Research output: Chapter in Book/Report/Conference proceedingChapter

3 Scopus citations

Abstract

“Philosophye,” the English word, appears just twice in Piers Plowman, the second time brimming with chilly suspicion when we are told that Envy, a follower of Antichrist, “freres to philosophye he fond hem to scole” (20.295). Here, as throughout the poem and indeed generally in medieval culture, “philosophye” refers mostly to Hellenic and Roman (i.e., pagan) ideas, methods, and authorities not directly illuminated by Christian insight and principles. “Philosofres,” even once modified as “philosofres wise,” appear another four times, yet here again we find meanings familiar to the medieval Christian reception of the ancient disciplines.
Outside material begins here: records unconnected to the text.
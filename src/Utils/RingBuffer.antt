-- ===== src/Utils/RingBuffer.antt =====
-- `RingBuffer<T, SIZE>` of crates/example/async_runtime/src/utils.rs. One slot stays free, so that
-- a full buffer differs from an empty one. `d` is `T::default()`; `SIZE` is positive in every use.
pub mod Laws
pub mod Refine
use rust_root_task_demo.Common.{
  write, read, ret, Outcome, err, ok, Result, replicate, List, some, none, Option, not, Bool,
  if◌then◌else◌, ◌>>=◌, ◌==◌, ◌%◌, ◌-◌, ◌+◌, ℕ,
}

pub record RingBuffer {ℓ} (A : Type ℓ) : Type ℓ where
  pub items : List A  -- `data: [T; SIZE]`
  pub start : ℕ
  pub end : ℕ

module _ {ℓ} {A : Type ℓ} where
  unfoldable pub new : A → ℕ → RingBuffer A
  new d cap = record { items = replicate cap d; start = 0; end = 0 }

  unfoldable pub size : ℕ → RingBuffer A → ℕ
  size cap r = (r.end + cap - r.start) % cap

  pub empty : RingBuffer A → Bool
  empty r = r.end == r.start

  pub full : ℕ → RingBuffer A → Bool
  full cap r = (r.end + 1) % cap == r.start

  pub push : ℕ → RingBuffer A → A → Outcome (Result (Unit {0}) × RingBuffer A)
  push cap r item =
      if not (full cap r)
      then (write r.items r.end item >>= λ items.
          ret (ok tt, record r { items = items; end = (r.end + 1) % cap }))
      else ret (err, r)

  pub pop : ℕ → RingBuffer A → Outcome (Option A × RingBuffer A)
  pop cap r =
      if not (empty r)
      then (read r.items r.start >>= λ ans.
          ret (some ans, record r { start = (r.start + 1) % cap }))
      else ret (none, r)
Popular penitential treatises like the Somme le Roi (c. 1280) state the problem very plainly: “Des. iiii. vertuz cardonnaus parlerent mout cil anciain phylosophe, mes li Sainz Esperiz les done mieuz et enseigne cent tans, si com dit Salemons ou liver de Sapience” – or as translated in the late fourteenth-century Book of Vices and Virtues, “of þe four cardinal vertues speken moche þe olde philosofres, but þe Holy Gost ?eueþ hem moche bettre and techeþ hem an hundred so well, as Salamon seiþ in þe boke of Wisdom.” Clearly, there is “philosophye,” and its academic magistri, and there are sacred truths and their Christian expositors. At best, “philosophye” (and “philosofres”) is seen to anticipate the true principles of Christianity; at worst – per the fellowships that Antichrist's factotum doles out to friars – it is a perversion from Christian teachings, exactly the kind of worldly thinking St. Paul condemns when he rails against “philosophy and vain deceit [philosophiam et inanem fallaciam], according to the tradition of man, according to the elements of the world [elementa mundi] and not according to Christ” (Col. 2:8). This is the same sapientia huius mundi (the wisdom of this world) (1 Cor. 1:20) that Langland's Imaginative reproves in his naming the traditions of “patriarkes and prophetes” as “but a folye” (12.137).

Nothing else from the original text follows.